Homoseksual bukan genetik!

Menurut penelitian yang dilakukan oleh ahli genetik Andrea Ganna dari MIT Harvard di Cambridge Massachusetts (2019,) yang melakukan penelitian kepada 500 ribu orang mengatakan bahwa LGBT bukan gen bawaan lahir tidak ada gen gay. Namun perilaku homoseksual terjadi karena pergaulan, lingkungan, budaya, keluarga yang bercerai, korban kejahatan seksual.

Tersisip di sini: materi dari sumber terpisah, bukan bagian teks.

-- ===== src/Real/Roles.antt =====
-- The signers that the real client (packages/vault-client/src/real.ts) and the in-memory vault
-- (packages/vault-client/src/mock.ts) accept.
use sorosense.Base.{ℕ, String, false, Option, none, some, ◌≡◌, ◌≢◌, refl, arith}
use sorosense.Int.{ℤ}
use sorosense.Seam.{Address, PoolId, SignerRole, keeper, role_beq, Signer, Currency}
use sorosense.Vault.State.{Vault}
use sorosense.Vault.Operations.{err, wrong_signer}
use sorosense.Vault.Submit.{
  Write, deposit_call, withdraw_call, consent_call, auto_compound_call, approve_call, allocate_call,
  deallocate_call, freeze_call, unfreeze_call, propose_call, role_of, prepared, sign_and_submit,
}
use sorosense.Real.{
  BindingsCall, RealTx, Sent, pool_tx, propose_tx, pool_address, real_write, real_sign_and_submit,
}

role_differs : (r q : SignerRole) → r ≢ q → role_beq r q ≡ false
role_differs r q h = ground (arith, h)

pool_tx-role :
    (a : Option Address) (call : Address → BindingsCall) {tx : RealTx}
    → pool_tx a call ≡ some tx
    → tx.required_signer ≡ keeper
pool_tx-role none call h = ground arith
pool_tx-role (some a) call h = ground arith

propose_tx-role :
    (c : Currency) (a b : Option Address) {tx : RealTx}
    → propose_tx c a b ≡ some tx
    → tx.required_signer ≡ keeper
propose_tx-role c a b h = ground (arith, h)

module _ (resolve : Option (PoolId → Option Address)) (parse : String → Option ℤ) where
  real_write-role :
      (w : Write) {tx : RealTx}
      → real_write resolve parse w ≡ some tx
      → tx.required_signer ≡ role_of w
  unfolding real_write role_of
  real_write-role (deposit_call d c amount) h = ground (arith, h)
  real_write-role (withdraw_call d c shares) h = ground (arith, h)
  real_write-role (consent_call d) h = ground (arith, h)
  real_write-role (auto_compound_call d enabled) h = ground (arith, h)
  real_write-role (approve_call d id) h = ground (arith, h)
  real_write-role (allocate_call pool c amount) h = pool_tx-role (pool_address resolve pool) _ h
  real_write-role (deallocate_call pool c amount) h = pool_tx-role (pool_address resolve pool) _ h
  real_write-role (freeze_call pool) h = pool_tx-role (pool_address resolve pool) _ h
  real_write-role (unfreeze_call pool) h = pool_tx-role (pool_address resolve pool) _ h
  real_write-role (propose_call c from to) h =
      propose_tx-role c (pool_address resolve from) (pool_address resolve to) h

  -- With a signer of another role than the in-memory vault asks for, neither client touches
  -- anything: a write that the real client prepares throws before it calls the network, and the
  -- same write of the in-memory vault throws and leaves it as it was.
  pub clients_agree_on_signers :
      {W : Type 0} (send : BindingsCall → Signer → W → Option Sent × W) (write : Write)
      {tx : RealTx}
      → real_write resolve parse write ≡ some tx
      → (signer : Signer) → signer.role ≢ role_of write
      → (network : W) (xdr : ℕ) (s : Vault)
      → (real_sign_and_submit send tx signer network ≡ (none, network))
        × (sign_and_submit (prepared write xdr) signer s
            ≡ (err (wrong_signer (role_of write) signer.role), s))
  unfolding real_sign_and_submit sign_and_submit
  clients_agree_on_signers send write {tx} h signer wrong network xdr s =
      let refused = role_differs signer.role (role_of write) wrong in
      (rw (real_write-role write h, refused) refl, rw refused refl)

Demikian juga penelitian yang di publikasi di International Journal of Scientific and Technology Research “LGBT Among Students: A Case Study at Several Universities in Indonesia”  yang dilakukan Fatgehipon dkk, yang menemukan bahwa seseorang menjadi homoseksual adalah sebagai pilihan hidup karena beberapa faktor. Faktor pertama,  psikodimanik dari konflik yang tidak disadari dan perkembangan psikososial yang bermasalah, kedua. adalah pengalaman seksual yang buruk di masa lalu, ketiga, adalah trauma cinta seperti karena disakiti, dikecewakan, korban kekerasan oleh lawan jenis, dan keempat, kebutuhan seksual individu yang berbeda-beda.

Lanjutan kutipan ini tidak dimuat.